Collected data:
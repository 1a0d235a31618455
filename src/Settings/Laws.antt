-- ===== src/Settings/Laws.antt =====
-- What setDefaults keeps, and what it fills in.
use provider_exoscale.Prelude.{
  String, Bool, true, false, ◌&&◌, ◌≡◌, refl, ap, ◌∙◌, not, Bool-cases, inl, inr, Option, none,
  some, ◌==◌, eq_iff, eq_refl, arith, if◌then◌else◌,
}
use provider_exoscale.Json.{Json, null, bool, int, float, str, arr, obj, Fields, lookup}
use mathlib.Core.Option.{some-injective}
use provider_exoscale.Json.Laws.{lookup-insert}
use provider_exoscale.Settings.{
  Schema, schema, Schemas, none_left, entry, has_default, submap, set_leaf, store_submap, set_entry,
  set_properties, find_schema,
}

abbrev pub has_entry : String → Schemas → Bool
has_entry k none_left = false
has_entry k (entry j s ps) = if j == k then true else has_entry k ps

abbrev pub is_object : Json → Bool
is_object (obj m) = true
is_object _ = false

-- The nested case of a round, over what it does with the nested map.
abbrev pub set_nested : String → Fields → (Fields → Fields × Bool) → Option Fields → Fields × Bool
set_nested key m f none = (m, false)
set_nested key m f (some sub) = store_submap key m (f sub)

store_submap_other :
    (key k : String) (m : Fields) (r : Fields × Bool)
    → (key == k) ≡ false
    → lookup k (store_submap key m r).0 ≡ lookup k m
store_submap_other key k m (sub, true) h = ground (arith, lookup-insert key k (obj sub) m)
store_submap_other key k m (sub, false) h = refl

nested_other :
    (key k : String) (m : Fields) (f : Fields → Fields × Bool) (o : Option Fields)
    → (key == k) ≡ false
    → lookup k (set_nested key m f o).0 ≡ lookup k m
nested_other key k m f none h = refl
nested_other key k m f (some sub) h = store_submap_other key k m (f sub) h

-- A round touches its own key only.
pub set_entry_other :
    (s : Schema) (key k : String) (m : Fields)
    → (key == k) ≡ false
    → lookup k (set_entry s key m).0 ≡ lookup k m
unfolding set_entry
set_entry_other (schema d none_left) key k m h = ground (arith, lookup-insert key k d m)
set_entry_other (schema d (entry j s ps)) key k m h =
    nested_other key k m (set_properties (entry j s ps)) (submap (lookup key m)) h

-- A key that the schema does not name keeps its value, or stays missing.
pub lookup_unnamed :
    (ps : Schemas) (k : String) (m : Fields)
    → has_entry k ps ≡ false
    → lookup k (set_properties ps m).0 ≡ lookup k m
unfolding set_properties
lookup_unnamed none_left k m h = refl
lookup_unnamed (entry key s ps) k m h =
    ground (arith, lookup_unnamed ps k (set_entry s key m).0, set_entry_other s key k m)

set_leaf_kept :
    (d : Json) (key : String) (m : Fields) {v : Json}
    → lookup key m ≡ some v
    → set_leaf d key m ≡ (m, false)
set_leaf_kept d key m e = ground arith

submap-none : (v : Json) → is_object v ≡ false → submap (some v) ≡ none
submap-none (obj m) h = cc
submap-none null h = refl
submap-none (bool b) h = refl
submap-none (int n) h = refl
submap-none (float x) h = refl
submap-none (str s) h = refl
submap-none (arr xs) h = refl

set_entry_kept :
    (s : Schema) (k : String) (m : Fields) {v : Json}
    → lookup k m ≡ some v
    → is_object v ≡ false
    → set_entry s k m ≡ (m, false)
unfolding set_entry
set_entry_kept (schema d none_left) k m e h = set_leaf_kept d k m e
set_entry_kept (schema d (entry j s ps)) k m {v} e h =
    ap (set_nested k m (set_properties (entry j s ps))) (ap submap e ∙ submap-none v h)

-- A value that the input sets is never replaced, unless it is an object, into which the defaults
-- of a nested schema may go.
pub lookup_kept :
    (ps : Schemas) (k : String) (m : Fields) {v : Json}
    → lookup k m ≡ some v
    → is_object v ≡ false
    → lookup k (set_properties ps m).0 ≡ some v
unfolding set_properties
lookup_kept none_left k m e h = e
lookup_kept (entry key s ps) k m e h = elim (Bool-cases (key == k)) [
  | inl same ↦
      lookup_kept ps k (set_entry s key m).0
        (rw ((eq_iff key k).0 same) (rw (set_entry_kept s k m e h) e)) h
  | inr other ↦ lookup_kept ps k (set_entry s key m).0 (set_entry_other s key k m other ∙ e) h
]

-- No key stands twice, at any depth.
unfoldable mutual
  pub distinct : Schemas → Bool
  distinct none_left = true
  distinct (entry k s ps) = distinct_in s && (not (has_entry k ps) && distinct ps)

  pub distinct_in : Schema → Bool
  distinct_in (schema d ps) = distinct ps

set_leaf_missing :
    (d : Json) (k : String) (m : Fields)
    → lookup k m ≡ none
    → has_default d ≡ true
    → lookup k (set_leaf d k m).0 ≡ some d
set_leaf_missing d k m e h = ground (arith, lookup-insert k k d m, eq_refl k)

set_entry_missing :
    (s : Schema) (k : String) (d : Json) (m : Fields)
    → s ≡ schema d none_left
    → lookup k m ≡ none
    → has_default d ≡ true
    → lookup k (set_entry s k m).0 ≡ some d
unfolding set_entry
set_entry_missing s k d m p e h = rw p (set_leaf_missing d k m e h)

pub last_entry :
    (key : String) (s : Schema) (ps : Schemas)
    → distinct (entry key s ps) ≡ true
    → has_entry key ps ≡ false
unfolding distinct
last_entry key s ps h = ground arith

-- A key that the input lacks gets the default of its schema, where the schema has one and no
-- properties of its own.
pub lookup_filled :
    (ps : Schemas) (k : String) (d : Json) (m : Fields)
    → distinct ps ≡ true
    → find_schema k ps ≡ some (schema d none_left)
    → has_default d ≡ true
    → lookup k m ≡ none
    → lookup k (set_properties ps m).0 ≡ some d
unfolding set_properties find_schema distinct
lookup_filled none_left k d m ok f h e = cc
lookup_filled (entry key s ps) k d m ok f h e = elim (Bool-cases (key == k)) [
  | inl same ↦
      let p : key ≡ k = (eq_iff key k).0 same in
      let leaf : s ≡ schema d none_left = some-injective s (schema d none_left) (rw same at f) in
      lookup_unnamed ps k (set_entry s key m).0 (rw p at (last_entry key s ps ok))
      ∙ rw p (set_entry_missing s k d m leaf e h)
  | inr other ↦
      lookup_filled ps k d (set_entry s key m).0 (ground arith) (rw other at f) h
        (set_entry_other s key k m other ∙ e)
]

* EXERCISE DIRECTIONS: Exactly as they stand, repeat all the records.

* PROBLEM SOLUTION:
repository 1a0d235a31618455
filename src/Settings/Laws.antt
-- ===== src/Settings/Laws.antt =====
-- What setDefaults keeps, and what it fills in.
use provider_exoscale.Prelude.{
  String, Bool, true, false, ◌&&◌, ◌≡◌, refl, ap, ◌∙◌, not, Bool-cases, inl, inr, Option, none,
  some, ◌==◌, eq_iff, eq_refl, arith, if◌then◌else◌,
}
use provider_exoscale.Json.{Json, null, bool, int, float, str, arr, obj, Fields, lookup}
use mathlib.Core.Option.{some-injective}
use provider_exoscale.Json.Laws.{lookup-insert}
use provider_exoscale.Settings.{
  Schema, schema, Schemas, none_left, entry, has_default, submap, set_leaf, store_submap, set_entry,
  set_properties, find_schema,
}

abbrev pub has_entry : String → Schemas → Bool
has_entry k none_left = false
has_entry k (entry j s ps) = if j == k then true else has_entry k ps

abbrev pub is_object : Json → Bool
is_object (obj m) = true
is_object _ = false

-- The nested case of a round, over what it does with the nested map.
abbrev pub set_nested : String → Fields → (Fields → Fields × Bool) → Option Fields → Fields × Bool
set_nested key m f none = (m, false)
set_nested key m f (some sub) = store_submap key m (f sub)

store_submap_other :
    (key k : String) (m : Fields) (r : Fields × Bool)
    → (key == k) ≡ false
    → lookup k (store_submap key m r).0 ≡ lookup k m
store_submap_other key k m (sub, true) h = ground (arith, lookup-insert key k (obj sub) m)
store_submap_other key k m (sub, false) h = refl

nested_other :
    (key k : String) (m : Fields) (f : Fields → Fields × Bool) (o : Option Fields)
    → (key == k) ≡ false
    → lookup k (set_nested key m f o).0 ≡ lookup k m
nested_other key k m f none h = refl
nested_other key k m f (some sub) h = store_submap_other key k m (f sub) h

-- A round touches its own key only.
pub set_entry_other :
    (s : Schema) (key k : String) (m : Fields)
    → (key == k) ≡ false
    → lookup k (set_entry s key m).0 ≡ lookup k m
unfolding set_entry
set_entry_other (schema d none_left) key k m h = ground (arith, lookup-insert key k d m)
set_entry_other (schema d (entry j s ps)) key k m h =
    nested_other key k m (set_properties (entry j s ps)) (submap (lookup key m)) h

-- A key that the schema does not name keeps its value, or stays missing.
pub lookup_unnamed :
    (ps : Schemas) (k : String) (m : Fields)
    → has_entry k ps ≡ false
    → lookup k (set_properties ps m).0 ≡ lookup k m
unfolding set_properties
lookup_unnamed none_left k m h = refl
lookup_unnamed (entry key s ps) k m h =
    ground (arith, lookup_unnamed ps k (set_entry s key m).0, set_entry_other s key k m)

set_leaf_kept :
    (d : Json) (key : String) (m : Fields) {v : Json}
    → lookup key m ≡ some v
    → set_leaf d key m ≡ (m, false)
set_leaf_kept d key m e = ground arith

submap-none : (v : Json) → is_object v ≡ false → submap (some v) ≡ none
submap-none (obj m) h = cc
submap-none null h = refl
submap-none (bool b) h = refl
submap-none (int n) h = refl
submap-none (float x) h = refl
submap-none (str s) h = refl
submap-none (arr xs) h = refl

set_entry_kept :
    (s : Schema) (k : String) (m : Fields) {v : Json}
    → lookup k m ≡ some v
    → is_object v ≡ false
    → set_entry s k m ≡ (m, false)
unfolding set_entry
set_entry_kept (schema d none_left) k m e h = set_leaf_kept d k m e
set_entry_kept (schema d (entry j s ps)) k m {v} e h =
    ap (set_nested k m (set_properties (entry j s ps))) (ap submap e ∙ submap-none v h)

-- A value that the input sets is never replaced, unless it is an object, into which the defaults
-- of a nested schema may go.
pub lookup_kept :
    (ps : Schemas) (k : String) (m : Fields) {v : Json}
    → lookup k m ≡ some v
    → is_object v ≡ false
    → lookup k (set_properties ps m).0 ≡ some v
unfolding set_properties
lookup_kept none_left k m e h = e
lookup_kept (entry key s ps) k m e h = elim (Bool-cases (key == k)) [
  | inl same ↦
      lookup_kept ps k (set_entry s key m).0
        (rw ((eq_iff key k).0 same) (rw (set_entry_kept s k m e h) e)) h
  | inr other ↦ lookup_kept ps k (set_entry s key m).0 (set_entry_other s key k m other ∙ e) h
]

-- No key stands twice, at any depth.
unfoldable mutual
  pub distinct : Schemas → Bool
  distinct none_left = true
  distinct (entry k s ps) = distinct_in s && (not (has_entry k ps) && distinct ps)

  pub distinct_in : Schema → Bool
  distinct_in (schema d ps) = distinct ps

set_leaf_missing :
    (d : Json) (k : String) (m : Fields)
    → lookup k m ≡ none
    → has_default d ≡ true
    → lookup k (set_leaf d k m).0 ≡ some d
set_leaf_missing d k m e h = ground (arith, lookup-insert k k d m, eq_refl k)

set_entry_missing :
    (s : Schema) (k : String) (d : Json) (m : Fields)
    → s ≡ schema d none_left
    → lookup k m ≡ none
    → has_default d ≡ true
    → lookup k (set_entry s k m).0 ≡ some d
unfolding set_entry
set_entry_missing s k d m p e h = rw p (set_leaf_missing d k m e h)

pub last_entry :
    (key : String) (s : Schema) (ps : Schemas)
    → distinct (entry key s ps) ≡ true
    → has_entry key ps ≡ false
unfolding distinct
last_entry key s ps h = ground arith

-- A key that the input lacks gets the default of its schema, where the schema has one and no
-- properties of its own.
pub lookup_filled :
    (ps : Schemas) (k : String) (d : Json) (m : Fields)
    → distinct ps ≡ true
    → find_schema k ps ≡ some (schema d none_left)
    → has_default d ≡ true
    → lookup k m ≡ none
    → lookup k (set_properties ps m).0 ≡ some d
unfolding set_properties find_schema distinct
lookup_filled none_left k d m ok f h e = cc
lookup_filled (entry key s ps) k d m ok f h e = elim (Bool-cases (key == k)) [
  | inl same ↦
      let p : key ≡ k = (eq_iff key k).0 same in
      let leaf : s ≡ schema d none_left = some-injective s (schema d none_left) (rw same at f) in
      lookup_unnamed ps k (set_entry s key m).0 (rw p at (last_entry key s ps ok))
      ∙ rw p (set_entry_missing s k d m leaf e h)
  | inr other ↦
      lookup_filled ps k d (set_entry s key m).0 (ground arith) (rw other at f) h
        (set_entry_other s key k m other ∙ e)
]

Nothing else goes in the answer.